1. So do you think i will be ok to use Prestone, and what type of Prestone (http://www.prestone.com/products/antifreezeCoolant.php)?
2. should I flush radiator completely including engine block before refill to avoid mixing with preveious coolant ( I don't know which type of coolant it is).

Thanks




NPath said:


> I know GMC Safari vans run on specific coolant, which is orange. I don't think those vans can change to the green coolant or it'll get up the coolant system. Anyways, back to your question, if the parts person say they use Napa coolant, then I'd go with Prestone. Prestone is a bigger name brand and probably cost the same.


----------



## golfer (Aug 21, 2006)

I've replaced my coolant with regular Prestone ( which they now label Prime ) .
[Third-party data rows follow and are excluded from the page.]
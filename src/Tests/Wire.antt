-- ===== src/Tests/Wire.antt =====
-- Frames and lines at concrete bytes.
use yllm.Base.{◌≡◌, refl, some, ◌++◌, arith}
use yllm.Base.Scan.{strip_prefix}
use yllm.Base.Text.{codes}
use yllm.Wire.Frame.RoundTrip.{IsCommand, IsArguments, frame_recv-frame_send}
use yllm.Wire.Frame.{Frame, frame, frame_send, frame_recv}
use yllm.Wire.Protocol.{proto_get, value_at}

abbrev hello : Frame
hello = record { cmd = codes "HELLO"; args = codes "model=m leader=h:1" }

hello-IsCommand : IsCommand hello.cmd
hello-IsCommand = record {
  bytes = omega arith;
  one_word = (refl, (refl, (refl, (refl, (refl, tt)))));
  fits = omega arith;
}

hello-IsArguments : IsArguments hello.args
hello-IsArguments = record { bytes = omega arith; starts = refl; fits = omega arith }

frame_recv-frame_send_example :
    frame_recv (frame_send hello.cmd hello.args ++ codes "NEXT") ≡ (frame hello, codes "NEXT")
frame_recv-frame_send_example =
    frame_recv-frame_send hello.cmd hello.args (codes "NEXT") hello-IsCommand hello-IsArguments

get_leader : proto_get hello.args (codes "leader") ≡ some (codes "h:1")
unfolding proto_get value_at strip_prefix
get_leader = refl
Since I didn't know what was in there before, I completely drained the old coolant.
Then filled the rad with straight water and ran the engine to operating temp. ( with the heater set to maximum setting to circulate through the heater core as well . ) 

Let it cool down , drain again , fill with straight water and repeated till there was clear water being drained. Then I used the premixed antifreeze since they use *demineralized water *for diluting ... which is important.

btw ... GM uses the orange Dexcool and can be replaced with regular antifreeze. I've done it using the above method with no ill affects.


----------



## coolnesss (Dec 23, 2003)

If your car has orange or pink anti-freeze, DO NOT use the green stuff. The orange stuff creates a certain chemistry inside the block, which is good for the engine long-term, and if you add the green stuff, it changes the chemistry and you won't have the benefit of the orange stuff anymore. That's a simplified explanation - if you want the full skinny, go to caddyinfo.com and search for dex-cool - there's some peeps on that board who know a whole lot and they are great about explaining.

That said, the brand you use may not have as much meaning as using distilled water to mix it - and changing it often - every 20k miles or two years would be the conservative choice. The distilled water cuts down internal buildup of crap, and changing it often - keeps the chemical action on the engine, and the conditioning of the water pump - fresh, so changing the water pump doesn't become a regular weekend event.


----------



## golfer (Aug 21, 2006)

coolnesss said:


> If your car has orange or pink anti-freeze, DO NOT use the green stuff. The orange stuff creates a certain chemistry inside the block, which is good for the engine long-term, and if you add the green stuff, it changes the chemistry and you won't have the benefit of the orange stuff anymore. That's a simplified explanation - if you want the full skinny, go to caddyinfo.com and search for dex-cool - there's some peeps on that board who know a whole lot and they are great about explaining.


If you are talking about mixing the two types that's correct ... don't. 

Completely removing and replacing one for the other doesn't change any chemistry inside the engine.

The only " chemical reaction " is the inhibitor additives for anti-corrosion .... which all coolants have.


----------